Published online Jul 14, 2014. doi: 10.3748/wjg.v20.i26.8449
Revised: February 14, 2014
Accepted: March 12, 2014
Published online: July 14, 2014
Processing time: 251 Days and 9.4 Hours
There have been major developments in endoscopic imaging techniques in recent years. Endoscopes with high definition and magnification can provide high quality images that allow for the histological estimation of lesions in vivo and in situ when combined with ancillary enhancement techniques such as chromoendoscopy (CE) and virtual CE (narrow band imaging fujinon intelligent chromoendoscopy, or i-Scan). Despite the enormous potential for these advanced techniques, their value and feasibility in the clinic are still doubted, particularly in cases of colonic polyps that are slated for removal, where in vivo characterization may be deemed unnecessary. However, there are several advantages offered by such advanced endoscopic imaging. CE with or without magnification demonstrates highly accurate histology and invasion depth prediction, and virtual CE is a feasible and less cumbersome alternative to CE in terms of histological estimation, though not sufficiently accurate for depth invasion prediction. Furthermore, the supplementary information provided by advanced imaging systems can assist the endoscopist in the selection of a strategic approach, such as in deciding whether a colonic lesion should be resected, left in situ, or requires more intensive surgical treatment. Lastly, advanced high-resolution imaging techniques may be more cost effective, such that histopathology of low-risk lesions following resection can be eliminated. The results of these evaluations and comparisons with traditional CE are presented and discussed.

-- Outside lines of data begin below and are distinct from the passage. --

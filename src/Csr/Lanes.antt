-- ===== src/Csr/Lanes.antt =====
-- The packed table words: replacing a half or a byte and reading the halves and bytes back.
use native.Mathlib.Nat.{mod-mod_of_dvd, dvd-mul_right, one-le-pow}
use otap_signup_validator.Common.{
  ℕ, zero, suc, ◌+◌, ◌-◌, ◌*◌, ◌/◌, ◌%◌, ◌^◌, ◌<◌, ◌≡◌, ◌⊎◌, arith, bit_and, bit_or, shr,
  bit_and_mask, bit_and_fields, bit_and-zero, bit_or_fields, bit_or-zero, bit_or_disjoint,
  bit_or_disjoint_left, ◌==◌, if◌then◌else◌, ap,
}
use otap_signup_validator.Csr.Writer.{put_half, put_lane}
use otap_signup_validator.Csr.View.{get_half, get_lane}

-- Clearing the low half of a 32-bit word.
clear_low : (w : ℕ) → w < 2 ^ 32 → bit_and w 0xffff_0000 ≡ w / 2 ^ 16 * 2 ^ 16
clear_low w h =
    let whole : w ≡ w / 2 ^ 16 * 2 ^ 16 + w % 2 ^ 16 = omega arith in
    omega (
      arith,
      ap (λ (t : ℕ). bit_and t 0xffff_0000) whole,
      bit_and_fields 16 (w / 2 ^ 16) (w % 2 ^ 16) 0xffff 0 (omega arith) (omega arith),
      bit_and_mask 16 (w / 2 ^ 16),
      bit_and-zero (w % 2 ^ 16),
    )

-- The halves of a word after `put_half`.
put_half_value :
    (e w n : ℕ)
    → w < 2 ^ 32
    → n < 2 ^ 16
    → put_half e w n ≡ (if e % 2 == 0 then w / 2 ^ 16 * 2 ^ 16 + n else n * 2 ^ 16 + w % 2 ^ 16)
unfolding put_half
put_half_value e w n hw hn = ground (
  arith,
  clear_low w hw,
  bit_and_mask 16 w,
  bit_or_disjoint 16 (w / 2 ^ 16) n hn,
  bit_or_disjoint_left 16 n (w % 2 ^ 16),
)

pub put_half-lt : (e w n : ℕ) → w < 2 ^ 32 → n < 2 ^ 16 → put_half e w n < 2 ^ 32
put_half-lt e w n hw hn = ground (arith, put_half_value e w n hw hn)

-- Reading an entry of the same word gives the new value for the same half and the old one otherwise.
pub get_half-put_half :
    (e d w n : ℕ)
    → w < 2 ^ 32
    → n < 2 ^ 16
    → get_half d (put_half e w n) ≡ (if e % 2 == d % 2 then n else get_half d w)
unfolding get_half
get_half-put_half e d w n hw hn = ground (
  arith,
  put_half_value e w n hw hn,
  bit_and_mask 16 w,
  bit_and_mask 16 (shr w 16),
  bit_and_mask 16 (put_half e w n),
  bit_and_mask 16 (shr (put_half e w n) 16),
)

-- Clearing the byte between bits `k` and `t` of a word of `t + m` bits.
clear_field :
    (k t m w : ℕ)
    → 2 ^ t ≡ 2 ^ k * 256
    → bit_and w ((2 ^ m - 1) * 2 ^ t + (2 ^ k - 1)) ≡ (w / 2 ^ t) % 2 ^ m * 2 ^ t + w % 2 ^ k
clear_field k t m w e =
    let whole : w ≡ w / 2 ^ t * 2 ^ t + w % 2 ^ t = omega (arith, one-le-pow t 2) in
    omega (
      arith,
      ap (λ (x : ℕ). bit_and x ((2 ^ m - 1) * 2 ^ t + (2 ^ k - 1))) whole,
      bit_and_fields t (w / 2 ^ t) (w % 2 ^ t) (2 ^ m - 1) (2 ^ k - 1)
          (omega (arith, one-le-pow t 2)) (omega (arith, one-le-pow k 2)),
      ap (λ (x : ℕ). x * 2 ^ t) (bit_and_mask m (w / 2 ^ t)),
      bit_and_mask k (w % 2 ^ t),
      mod-mod_of_dvd (2 ^ k) {b = 2 ^ t} w (rw e (dvd-mul_right (2 ^ k) 256)),
    )

-- Filling a cleared byte.
fill_field :
    (k t hi lo s : ℕ)
    → 2 ^ t ≡ 2 ^ k * 256
    → lo < 2 ^ k
    → s < 256
    → bit_or (hi * 2 ^ t + lo) (s * 2 ^ k) ≡ hi * 2 ^ t + s * 2 ^ k + lo
fill_field k t hi lo s e hl hs =
    let low : s * 2 ^ k ≡ 0 * 2 ^ t + s * 2 ^ k = omega arith in
    let fits : s * 2 ^ k < 2 ^ t = grind arith in
    omega (
      arith,
      ap (λ (x : ℕ). bit_or (hi * 2 ^ t + lo) x) low,
      bit_or_fields t hi lo 0 (s * 2 ^ k) (omega arith) fits,
      ap (λ (x : ℕ). x * 2 ^ t) (bit_or-zero hi),
      bit_or_disjoint_left k s lo hl,
    )

-- One byte of four replaced, as arithmetic.
replace_field :
    (k t m w s : ℕ)
    → 2 ^ t ≡ 2 ^ k * 256
    → s < 256
    → bit_or (bit_and w ((2 ^ m - 1) * 2 ^ t + (2 ^ k - 1))) (s * 2 ^ k)
      ≡ (w / 2 ^ t) % 2 ^ m * 2 ^ t + s * 2 ^ k + w % 2 ^ k
replace_field k t m w s e hs =
    rw (clear_field k t m w e)
      (fill_field k t ((w / 2 ^ t) % 2 ^ m) (w % 2 ^ k) s e (omega (arith, one-le-pow k 2)) hs)

put_lane_value :
    (lane w s : ℕ)
    → lane < 4
    → w < 2 ^ 32
    → s < 256
    → put_lane lane w s
      ≡ w / (2 ^ (lane * 8) * 256) * (2 ^ (lane * 8) * 256)
        + s * 2 ^ (lane * 8)
        + w % 2 ^ (lane * 8)
unfolding put_lane
put_lane_value zero w s hl hw hs = ground (arith, replace_field 0 8 24 w s (omega arith) hs)
put_lane_value (suc zero) w s hl hw hs = ground (arith, replace_field 8 16 16 w s (omega arith) hs)
put_lane_value (suc (suc zero)) w s hl hw hs =
    ground (arith, replace_field 16 24 8 w s (omega arith) hs)
put_lane_value (suc (suc (suc zero))) w s hl hw hs =
    ground (arith, replace_field 24 32 0 w s (omega arith) hs)
put_lane_value (suc (suc (suc (suc lane)))) w s hl hw hs = absurd (omega arith)

lane_cases : (lane : ℕ) → lane < 4 → (lane ≡ 0) ⊎ (lane ≡ 1) ⊎ (lane ≡ 2) ⊎ (lane ≡ 3)
lane_cases lane h = omega arith

pub put_lane-lt : (lane w s : ℕ) → lane < 4 → w < 2 ^ 32 → s < 256 → put_lane lane w s < 2 ^ 32
put_lane-lt lane w s hl hw hs = ground (arith, put_lane_value lane w s hl hw hs, lane_cases lane hl)

get_lane_value : (lane w : ℕ) → get_lane lane w ≡ w / 2 ^ (lane * 8) % 256
unfolding get_lane
get_lane_value lane w = omega (arith, bit_and_mask 8 (w / 2 ^ (lane * 8)))

-- Byte `l` of a word whose byte `k` was replaced, as arithmetic.
abbrev Replaced : ℕ → ℕ → ℕ → ℕ → Type 0
Replaced k l w s =
    (w / (2 ^ (k * 8) * 256) * (2 ^ (k * 8) * 256) + s * 2 ^ (k * 8) + w % 2 ^ (k * 8))
      / 2 ^ (l * 8)
      % 256
    ≡ (if k == l then s else w / 2 ^ (l * 8) % 256)

Replaced-below : (k l w s : ℕ) → k < 4 → l < 4 → s < 256 → Replaced k l w s
Replaced-below k l w s hk hl hs = ground (arith, lane_cases k hk, lane_cases l hl)

-- Reading a byte of the word gives the new value for the same byte and the old one otherwise.
pub get_lane-put_lane :
    (k l w s : ℕ)
    → k < 4
    → l < 4
    → w < 2 ^ 32
    → s < 256
    → get_lane l (put_lane k w s) ≡ (if k == l then s else get_lane l w)
get_lane-put_lane k l w s hk hl hw hs =
    rw (get_lane_value, get_lane_value l w, put_lane_value k w s hk hw hs)
      (Replaced-below k l w s hk hl hs)

pub get_lane-lt : (l w : ℕ) → get_lane l w < 256
get_lane-lt l w = omega (arith, get_lane_value l w)
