-- ===== src/Csr/PayloadTable.antt =====
-- crates/otap-csr/src/lib.rs: the schema id → payload bytes table, two entries to a word.
use otap_signup_validator.Common.{ℕ, ◌^◌, ◌<◌, ◌≡◌, arith, ok, ◌==◌, if◌then◌else◌}
use otap_signup_validator.Csr.Registers.{
  RegisterFile, IsRegisterFile, read_u32, schema_table_entries,
}
use otap_signup_validator.Csr.Writer.{set_schema_payload, put_half, schema_word_offset}
use otap_signup_validator.Csr.View.{schema_payload_bytes}
use otap_signup_validator.Csr.Access.{
  IsRegister, word_at, put, read_u32_at, write_u32_at, put-IsRegisterFile, word_at-lt,
  word_at-put_self, word_at-put_ne, read_u32-write_u32, SameBelow,
}
use otap_signup_validator.Csr.Lanes.{put_half-lt, get_half-put_half}

-- The ids that the table has an entry for.
abbrev pub IsSchemaId : ℕ → Type 0
IsSchemaId id = (0 < id) × (id < schema_table_entries)

schema_word_offset-IsRegister : (d : ℕ) → IsSchemaId d → IsRegister (schema_word_offset d)
schema_word_offset-IsRegister d h = record { inside = omega arith; aligned = omega arith }

module _ (rf : RegisterFile) (valid : IsRegisterFile rf) (id n : ℕ) (in_table : IsSchemaId id)
    (fits : n < 2 ^ 16) where
  written : RegisterFile
  written = let off = schema_word_offset id in put rf off (put_half id (word_at rf off) n)

  set_schema_payload-written : set_schema_payload rf id n ≡ ok written
  unfolding set_schema_payload written
  set_schema_payload-written = ground (
    arith,
    read_u32_at rf (schema_word_offset id),
    write_u32_at rf (schema_word_offset id) (put_half id (word_at rf (schema_word_offset id)) n),
  )

  schema_payload_written :
      (d : ℕ)
      → schema_payload_bytes written d ≡ (if id == d then ok n else schema_payload_bytes rf d)
  unfolding written schema_payload_bytes
  schema_payload_written d = ground (
    arith,
    read_u32_at written (schema_word_offset d),
    read_u32_at rf (schema_word_offset d),
    word_at-lt rf (schema_word_offset id) valid,
    put_half-lt id (word_at rf (schema_word_offset id)) n,
    word_at-put_self rf (schema_word_offset id)
        (put_half id (word_at rf (schema_word_offset id)) n),
    word_at-put_ne rf (schema_word_offset id) (schema_word_offset d)
        (put_half id (word_at rf (schema_word_offset id)) n),
    get_half-put_half id d (word_at rf (schema_word_offset id)) n,
  )

-- On a well-formed register file, for an id from 1 to 31 and a 16-bit size, `set_schema_payload`
-- succeeds and keeps the register file well formed. Afterwards the view gives the size for that id
-- and what it gave before for every other id, and only the table word of the id has changed among
-- all offsets.
pub set_schema_payload_lem :
    (rf : RegisterFile) (id n d p : ℕ)
    → IsRegisterFile rf
    → IsSchemaId id
    → n < 2 ^ 16
    → (rf' : RegisterFile) × (set_schema_payload rf id n ≡ ok rf')
      × IsRegisterFile rf'
      × (schema_payload_bytes rf' d ≡ (if id == d then ok n else schema_payload_bytes rf d))
      × (read_u32 rf' p ≡ (
          if schema_word_offset id == p
          then ok (put_half id (word_at rf (schema_word_offset id)) n)
          else read_u32 rf p))
unfolding written
set_schema_payload_lem rf id n d p valid in_table fits =
    let off = schema_word_offset id in
    let value = put_half id (word_at rf off) n in
    (
      written rf valid id n in_table fits,
      set_schema_payload-written rf valid id n in_table fits,
      put-IsRegisterFile rf off value (put_half-lt id _ n (word_at-lt rf off valid) fits) valid,
      schema_payload_written rf valid id n in_table fits d,
      read_u32-write_u32 rf off p value valid
          (write_u32_at rf off value (schema_word_offset-IsRegister id in_table)),
    )

pub set_schema_payload_below :
    (rf : RegisterFile) (id n : ℕ)
    → IsRegisterFile rf
    → IsSchemaId id
    → n < 2 ^ 16
    → (rf' : RegisterFile) × (set_schema_payload rf id n ≡ ok rf')
      × IsRegisterFile rf'
      × SameBelow rf rf'
unfolding written
set_schema_payload_below rf id n valid in_table fits =
    let off = schema_word_offset id in
    let value = put_half id (word_at rf off) n in
    (
      written rf valid id n in_table fits,
      set_schema_payload-written rf valid id n in_table fits,
      put-IsRegisterFile rf off value (put_half-lt id _ n (word_at-lt rf off valid) fits) valid,
      λ p h below.
          word_at-put_ne rf off p value (schema_word_offset-IsRegister id in_table) h (omega arith),
    )
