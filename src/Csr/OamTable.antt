-- ===== src/Csr/OamTable.antt =====
-- crates/otap-csr/src/lib.rs: the OAM mode → schema id table, four entries to a word.
use otap_signup_validator.Common.{ℕ, ◌%◌, ◌^◌, ◌<◌, ◌≡◌, arith, ok, ◌==◌, if◌then◌else◌}
use otap_signup_validator.Common.Int.{pos, pos_part, eq_ℤ}
use otap_signup_validator.Core.Dimensions.{OamMode, IsCharge}
use otap_signup_validator.Csr.Registers.{RegisterFile, IsRegisterFile, read_u32}
use otap_signup_validator.Csr.Writer.{set_oam_to_schema, put_lane, oam_word_offset, oam_index}
use otap_signup_validator.Csr.View.{schema_id_for_oam}
use otap_signup_validator.Csr.Access.{
  IsRegister, word_at, put, read_u32_at, write_u32_at, put-IsRegisterFile, word_at-lt,
  word_at-put_self, word_at-put_ne, read_u32-write_u32, SameBelow,
}
use otap_signup_validator.Csr.Lanes.{put_lane-lt, get_lane-put_lane}

-- The entry of a mode.
abbrev pub slot : OamMode → ℕ
slot m = pos_part (oam_index m)

-- The modes have 33 entries, one each.
oam_index_pos : (m : OamMode) → IsCharge m → (oam_index m ≡ pos (slot m)) × (slot m < 33)
unfolding oam_index
oam_index_pos m h = ground arith

slot_eq : (m o : OamMode) → IsCharge m → IsCharge o → (slot m == slot o) ≡ eq_ℤ m.charge o.charge
unfolding oam_index
slot_eq m o h k = ground arith

slot-IsRegister : (m : OamMode) → IsCharge m → IsRegister (oam_word_offset (slot m))
slot-IsRegister m h = record {
  inside = omega (arith, oam_index_pos m h);
  aligned = omega (arith, oam_index_pos m h);
}

module _ (rf : RegisterFile) (valid : IsRegisterFile rf) (m : OamMode) (id : ℕ)
    (charge : IsCharge m) (fits : id < 2 ^ 8) where
  entry_word : ℕ
  entry_word = let off = oam_word_offset (slot m) in put_lane (slot m % 4) (word_at rf off) id

  written : RegisterFile
  unfolding entry_word
  written = put rf (oam_word_offset (slot m)) entry_word

  set_oam_to_schema-written : set_oam_to_schema rf m id ≡ ok written
  unfolding set_oam_to_schema written
  set_oam_to_schema-written = ground (
    arith,
    oam_index_pos m charge,
    read_u32_at rf (oam_word_offset (slot m)) (slot-IsRegister m charge),
    write_u32_at rf (oam_word_offset (slot m)) entry_word (slot-IsRegister m charge),
  )

  entry_word-lt : entry_word < 2 ^ 32
  unfolding entry_word
  entry_word-lt =
      put_lane-lt (slot m % 4) _ id (omega arith) (word_at-lt rf (oam_word_offset (slot m)) valid)
        fits

  schema_id_written :
      (o : OamMode)
      → IsCharge o
      → schema_id_for_oam written o
        ≡ (if eq_ℤ m.charge o.charge then ok id else schema_id_for_oam rf o)
  unfolding written schema_id_for_oam
  schema_id_written o h = rw (← slot_eq m o charge h) (
      ground (
        arith,
        oam_index_pos o h,
        oam_index_pos m charge,
        read_u32_at written (oam_word_offset (slot o)) (slot-IsRegister o h),
        read_u32_at rf (oam_word_offset (slot o)) (slot-IsRegister o h),
        word_at-lt rf (oam_word_offset (slot m)) valid,
        word_at-put_self rf (oam_word_offset (slot m)) entry_word (slot-IsRegister m charge) valid,
        word_at-put_ne rf (oam_word_offset (slot m)) (oam_word_offset (slot o)) entry_word,
        get_lane-put_lane (slot m % 4) (slot o % 4) (word_at rf (oam_word_offset (slot m))) id,
      ))

-- On a well-formed register file, for a charge from -16 to 16 and an 8-bit schema id,
-- `set_oam_to_schema` succeeds and keeps the register file well formed. Afterwards the view gives
-- the id for that charge and what it gave before for every other charge in the range, and only the
-- table word of the charge has changed among all offsets.
pub set_oam_to_schema_lem :
    (rf : RegisterFile) (m o : OamMode) (id p : ℕ)
    → IsRegisterFile rf
    → IsCharge m
    → IsCharge o
    → id < 2 ^ 8
    → (rf' : RegisterFile) × (set_oam_to_schema rf m id ≡ ok rf')
      × IsRegisterFile rf'
      × (schema_id_for_oam rf' o
          ≡ (if eq_ℤ m.charge o.charge then ok id else schema_id_for_oam rf o))
      × (read_u32 rf' p ≡ (
          if oam_word_offset (slot m) == p
          then ok (put_lane (slot m % 4) (word_at rf (oam_word_offset (slot m))) id)
          else read_u32 rf p))
unfolding written entry_word
set_oam_to_schema_lem rf m o id p valid hm ho fits =
    let off = oam_word_offset (slot m) in
    let value = put_lane (slot m % 4) (word_at rf off) id in
    (
      written rf valid m id hm fits,
      set_oam_to_schema-written rf valid m id hm fits,
      put-IsRegisterFile rf off value (entry_word-lt rf valid m id hm fits) valid,
      schema_id_written rf valid m id hm fits o ho,
      read_u32-write_u32 rf off p value valid (write_u32_at rf off value (slot-IsRegister m hm)),
    )

pub set_oam_to_schema_below :
    (rf : RegisterFile) (m : OamMode) (id : ℕ)
    → IsRegisterFile rf
    → IsCharge m
    → id < 2 ^ 8
    → (rf' : RegisterFile) × (set_oam_to_schema rf m id ≡ ok rf')
      × IsRegisterFile rf'
      × SameBelow rf rf'
unfolding written entry_word
set_oam_to_schema_below rf m id valid hm fits =
    let off = oam_word_offset (slot m) in
    let value = put_lane (slot m % 4) (word_at rf off) id in
    (
      written rf valid m id hm fits,
      set_oam_to_schema-written rf valid m id hm fits,
      put-IsRegisterFile rf off value (entry_word-lt rf valid m id hm fits) valid,
      λ p h below. word_at-put_ne rf off p value (slot-IsRegister m hm) h (omega arith),
    )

Taken together, the benefits provided by these advanced capabilities justify their development, and advocates their use for the treatment and management of colonic polyps.
Core tip: Endoscopic characterization of colonic polyps by “virtual histology” is a currently accessible tool for identification of lesion type, thus enabling endoscopists to determine optimal treatment strategies. Chromoendoscopy (CE) has shown high accuracy for differentiating polyp histologies (neoplastic vs non-neoplastic) and for estimating the depth of invasion. Furthermore, digital systems such as narrow band imaging are a viable alternative to CE regarding lesion characterization, ease of use, reversibility, and cleanliness.